Start of INPUT MATERIAL

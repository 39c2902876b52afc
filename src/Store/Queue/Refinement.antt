-- ===== src/Store/Queue/Refinement.antt =====
-- The leases in the table of searches (internal/store/search_claim.go, lease_release.go,
-- repository.go) refine the locks.
use mathlib.Core.Path.{fun_ext}
use subsyncd.Common.{
  Bool, List, ◌≡◌, if◌then◌else◌, none, true, false, refl, ℕ, Bool-cases, any, inl, ◌&&◌, inr, ap,
  ◌∙◌, subst, ◌||◌, ◌==◌, ◌+◌, ◌∷◌, [], ==_iff, some, and_left, and_right,
}
use subsyncd.Store.Queue.Rows.{
  SearchRow, upsert, is_row, QueueOrder, owned_by, release_row, valid_search_priority, new_row,
  Outcome, done, failed, unsupported_multi_episode,
}
use subsyncd.Store.Queue.Lock.{
  table_step, lock, lock_step, locks_of, lock_of, drop_lock, extend_lock, queue_again, owns,
  extended, table_run, lapsed, LockCall, take_lock, lock_run, set_lock, claim_answer,
}
use subsyncd.Store.Queue.Shape.{KeepsKey, all_rows, shaped, IsTable}
use subsyncd.Common.Text.{String, str_eq, eq_iff}
use subsyncd.Store.Queue.LockRows.{
  lock-update_where, find-append-other, find-append, any-find, release-lock, renew-lock,
}
use subsyncd.Store.Queue.Changes.{
  schedule_media_search, schedule_row, schedule_unsupported_row, complete_new,
}
use subsyncd.Common.Time.{Instant, Duration}
use subsyncd.Store.Queue.Counts.{key_eq}
use subsyncd.Store.Queue.Keeps.{schedule_row-key, renew_row-key, schedule_unsupported_row-key}
use subsyncd.Store.Queue.LockClaims.{after_claim, claim-answer, claim-other, claim-own}
use subsyncd.Store.Queue.History.{rows_after}
use subsyncd.Store.Queue.Leases.{claim_search, renew_search_lease, release_search_lease, renew_row}
use subsyncd.Store.Queue.TableLeases.{claim-IsTable, renew-IsTable, release-IsTable}
use subsyncd.Store.Queue.TableChanges.{schedule-IsTable}

extend-locks :
    (job : String) (now : Instant) (duration : Duration) (rows : List SearchRow)
    → IsTable rows
    → locks_of (table_step (extend_lock job now duration) rows).0
      ≡ (lock_step (extend_lock job now duration) (locks_of rows)).0
unfolding table_step lock_step renew_search_lease
extend-locks job now duration rows (h, u) = elim (Bool-cases (str_eq job "" || duration == 0)) [
  | inl y ↦ rw y refl
  | inr n ↦ rw n (
      fun_ext (λ id. fun_ext (λ language.
        lock-update_where id language (owned_by job) (renew_row (now + duration))
          (extended job (now + duration)) (renew_row-key (now + duration)) refl
          (λ r g _. renew-lock job (now + duration) r g) rows h)))
]

drop-locks :
    (job : String) (rows : List SearchRow)
    → IsTable rows
    → locks_of (table_step (drop_lock job) rows).0 ≡ (lock_step (drop_lock job) (locks_of rows)).0
unfolding table_step lock_step release_search_lease
drop-locks job rows (h, u) = elim (Bool-cases (str_eq job "")) [
  | inl y ↦ rw y refl
  | inr n ↦ rw n (
      fun_ext (λ id. fun_ext (λ language.
        lock-update_where id language (owned_by job) release_row
          (λ l. if owns job l then none else l) (λ r. (refl, refl)) refl
          (λ r g _. release-lock job r g) rows h)))
]

either :
    (b : Bool) (r : SearchRow) (f : SearchRow → SearchRow)
    → lock (f r) ≡ lock r
    → lock (if b then f r else r) ≡ lock r
either true r f same = same
either false r f same = refl

moved :
    (new : SearchRow) (rows : List SearchRow)
    → {id : ℕ} → {language : String} → (new.media_id ≡ id) × (new.language ≡ language)
    → any (is_row new.media_id new.language) rows ≡ false
    → any (is_row id language) rows ≡ false
moved new rows {id} {language} (i, l) n =
    subst (λ x. any (is_row x language) rows ≡ false) i
      (subst (λ x. any (is_row new.media_id x) rows ≡ false) l n)

-- An insert of a row that is not leased, or an update that leaves the columns of the lease.
upsert-locks :
    (new : SearchRow) (f : SearchRow → SearchRow) (rows : List SearchRow)
    → lock new ≡ none
    → KeepsKey f
    → ((r : SearchRow) → lock (f r) ≡ lock r)
    → all_rows shaped rows ≡ true
    → (id : ℕ) (language : String)
    → locks_of (upsert new (λ _. true) f rows) id language ≡ locks_of rows id language
upsert-locks new f rows free key same h id language =
    elim (Bool-cases (any (is_row new.media_id new.language) rows)) [
      | inl y ↦ rw y (
          lock-update_where id language (λ r. is_row new.media_id new.language r && true) f (λ l. l)
            key refl (λ r _ _. either (is_row new.media_id new.language r && true) r f (same r))
            rows h)
      | inr n ↦ rw n (elim (Bool-cases (is_row id language new)) [
        | inr d ↦ ap lock_of (find-append-other (is_row id language) rows new d)
        | inl k ↦
            let gone : any (is_row id language) rows ≡ false =
              moved new rows (key_eq id language new k) n in
            ap lock_of (find-append (is_row id language) rows new gone)
            ∙ rw (k, any-find (is_row id language) rows gone) free
      ])
    ]

again-locks :
    (o : QueueOrder) (id : ℕ) (language : String) (at : Instant) (priority : ℕ)
    (unsupported : String) (rows : List SearchRow)
    → IsTable rows
    → locks_of (table_step (queue_again o id language at priority unsupported) rows).0
      ≡ locks_of rows
unfolding table_step schedule_media_search schedule_row schedule_unsupported_row
again-locks o id language at priority unsupported rows (h, u) =
    elim (Bool-cases (valid_search_priority priority)) [
      | inr n ↦ rw n refl
      | inl v ↦ elim (Bool-cases (str_eq unsupported "")) [
        | inl e ↦
            rw (v, e)
              (fun_ext (λ id'. fun_ext (λ language'.
                upsert-locks (new_row o id language at priority) (schedule_row at priority) rows
                  refl (schedule_row-key at priority) (λ r. refl) h id' language')))
        | inr d ↦ elim (Bool-cases (str_eq unsupported unsupported_multi_episode)) [
          | inr m ↦ rw (v, d, m) refl
          | inl k ↦
              rw (v, d, k)
                (fun_ext (λ id'. fun_ext (λ language'.
                  upsert-locks (complete_new unsupported (new_row o id language at priority))
                    (schedule_unsupported_row at priority unsupported) rows refl
                    (schedule_unsupported_row-key at priority unsupported) (λ r. refl) h id'
                    language')))
        ]
      ]
    ]

taken-lock :
    (o : QueueOrder) (id : ℕ) (language job : String) (now : Instant) (lease : Duration)
    (rows : List SearchRow)
    → all_rows shaped rows ≡ true
    → (lapsed now (locks_of rows id language) || owns job (locks_of rows id language)) ≡ true
    → (id' : ℕ) (language' : String)
    → locks_of (after_claim o id language job now lease rows) id' language'
      ≡ set_lock id language (some (job, now + lease)) (locks_of rows) id' language'
taken-lock o id language job now lease rows h c id' language' =
    elim (Bool-cases (id == id' && str_eq language language')) [
      | inr d ↦ rw d (claim-other o id language job now lease rows id' language' h d)
      | inl y ↦
          let i : id ≡ id' =
            (==_iff id id').0 (and_left (id == id') (str_eq language language') y) in
          let l : language ≡ language' =
            (eq_iff language language').0 (and_right (id == id') (str_eq language language') y) in
          rw y (
            subst
              (λ x.
                locks_of (after_claim o id language job now lease rows) x language'
                ≡ some (job, now + lease))
              i
              (subst
                (λ x.
                  locks_of (after_claim o id language job now lease rows) id x
                  ≡ some (job, now + lease))
                l (claim-own o id language job now lease rows h ∙ rw c refl)))
    ]

left-lock :
    (o : QueueOrder) (id : ℕ) (language job : String) (now : Instant) (lease : Duration)
    (rows : List SearchRow)
    → all_rows shaped rows ≡ true
    → (lapsed now (locks_of rows id language) || owns job (locks_of rows id language)) ≡ false
    → (id' : ℕ) (language' : String)
    → locks_of (after_claim o id language job now lease rows) id' language'
      ≡ locks_of rows id' language'
left-lock o id language job now lease rows h c id' language' =
    elim (Bool-cases (id == id' && str_eq language language')) [
      | inr d ↦ claim-other o id language job now lease rows id' language' h d
      | inl y ↦
          let i : id ≡ id' =
            (==_iff id id').0 (and_left (id == id') (str_eq language language') y) in
          let l : language ≡ language' =
            (eq_iff language language').0 (and_right (id == id') (str_eq language language') y) in
          subst
            (λ x.
              locks_of (after_claim o id language job now lease rows) x language'
              ≡ locks_of rows x language')
            i
            (subst
              (λ x.
                locks_of (after_claim o id language job now lease rows) id x ≡ locks_of rows id x)
              l (claim-own o id language job now lease rows h ∙ rw c refl))
    ]

-- The table after a claim, its answer, and what they are of the locks.
take-step :
    (o : QueueOrder) (id : ℕ) (language job : String) (now : Instant) (lease : Duration)
    (rows : List SearchRow)
    → IsTable rows
    → (locks_of (table_step (take_lock o id language job now lease) rows).0
        ≡ (lock_step (take_lock o id language job now lease) (locks_of rows)).0)
      × ((table_step (take_lock o id language job now lease) rows).1
          ≡ (lock_step (take_lock o id language job now lease) (locks_of rows)).1)
unfolding table_step lock_step claim_search
take-step o id language job now lease rows (h, u) =
    elim (Bool-cases (str_eq job "" || lease == 0)) [
      | inl y ↦ rw y (refl, refl)
      | inr n ↦
          elim (Bool-cases
            (lapsed now (locks_of rows id language) || owns job (locks_of rows id language))) [
              | inl c ↦
                  rw (n, c)
                    (
                      fun_ext (λ id'. fun_ext (λ language'.
                          taken-lock o id language job now lease rows h c id' language')),
                      claim-answer o id language job now lease rows (h, u) ∙ c,
                    )
              | inr c ↦
                  rw (n, c)
                    (
                      fun_ext (λ id'. fun_ext (λ language'.
                          left-lock o id language job now lease rows h c id' language')),
                      claim-answer o id language job now lease rows (h, u) ∙ c,
                    )
            ]
    ]

extend-answer :
    (job : String) (now : Instant) (duration : Duration) (rows : List SearchRow)
    → (table_step (extend_lock job now duration) rows).1
      ≡ (lock_step (extend_lock job now duration) (locks_of rows)).1
unfolding table_step lock_step
extend-answer job now duration rows = elim (Bool-cases (str_eq job "" || duration == 0)) [
  | inl y ↦ rw y refl
  | inr n ↦ rw n refl
]

drop-answer :
    (job : String) (rows : List SearchRow)
    → (table_step (drop_lock job) rows).1 ≡ (lock_step (drop_lock job) (locks_of rows)).1
unfolding table_step lock_step
drop-answer job rows = elim (Bool-cases (str_eq job "")) [ inl y ↦ rw y refl | inr n ↦ rw n refl ]

again-step :
    (o : QueueOrder) (id : ℕ) (language : String) (at : Instant) (priority : ℕ)
    (unsupported : String) (rows : List SearchRow)
    → IsTable rows
    → (locks_of (table_step (queue_again o id language at priority unsupported) rows).0
        ≡ (lock_step (queue_again o id language at priority unsupported) (locks_of rows)).0)
      × ((table_step (queue_again o id language at priority unsupported) rows).1
          ≡ (lock_step (queue_again o id language at priority unsupported) (locks_of rows)).1)
unfolding table_step lock_step
again-step o id language at priority unsupported rows t =
    (again-locks o id language at priority unsupported rows t, refl)

claim_answer-IsTable :
    (rows : List SearchRow) (o : Outcome Bool)
    → IsTable (rows_after rows o)
    → IsTable (claim_answer rows o).0
claim_answer-IsTable rows (done rows' b) t = t
claim_answer-IsTable rows (failed e) t = t

-- The table stays well formed.
step-IsTable :
    (call : LockCall) (rows : List SearchRow) → IsTable rows → IsTable (table_step call rows).0
unfolding table_step
step-IsTable (take_lock o id language job now lease) rows t =
    claim_answer-IsTable rows (claim_search o id language job now lease rows)
      (claim-IsTable o id language job now lease rows t)
step-IsTable (extend_lock job now duration) rows t = renew-IsTable job now duration rows t
step-IsTable (drop_lock job) rows t = release-IsTable job rows t
step-IsTable (queue_again o id language at priority unsupported) rows t =
    schedule-IsTable o id language at priority unsupported rows t

step-refines :
    (call : LockCall) (rows : List SearchRow)
    → IsTable rows
    → (locks_of (table_step call rows).0 ≡ (lock_step call (locks_of rows)).0)
      × ((table_step call rows).1 ≡ (lock_step call (locks_of rows)).1)
step-refines (take_lock o id language job now lease) rows t =
    take-step o id language job now lease rows t
step-refines (extend_lock job now duration) rows t =
    (extend-locks job now duration rows t, extend-answer job now duration rows)
step-refines (drop_lock job) rows t = (drop-locks job rows t, drop-answer job rows)
step-refines (queue_again o id language at priority unsupported) rows t =
    again-step o id language at priority unsupported rows t

-- Claims, renewals, releases and changes that queue a search again, in any order: on a well-formed
-- table every claim is answered as the locks that the table stands for answer it.
pub table_run-refines :
    (calls : List LockCall) (rows : List SearchRow)
    → IsTable rows
    → table_run calls rows ≡ lock_run calls (locks_of rows)
unfolding table_run lock_run
table_run-refines [] rows t = refl
table_run-refines (call ∷ calls) rows t =
    let (locks, answer) = step-refines call rows t in
    ap (λ b. b ∷ table_run calls (table_step call rows).0) answer
    ∙ ap (λ bs. (lock_step call (locks_of rows)).1 ∷ bs)
        (table_run-refines calls (table_step call rows).0 (step-IsTable call rows t)
          ∙ ap (lock_run calls) locks)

End of INPUT MATERIAL

§ THE TASK: With the first line being the one containing "refl (schedule_row-key at" and the last line the one containing "rw (v, d, k)", transcribe exactly the lines above that fall in that range.

§ ANSWER TO THE PROBLEM:
                  refl (schedule_row-key at priority) (λ r. refl) h id' language')))
        | inr d ↦ elim (Bool-cases (str_eq unsupported unsupported_multi_episode)) [
          | inr m ↦ rw (v, d, m) refl
          | inl k ↦
              rw (v, d, k)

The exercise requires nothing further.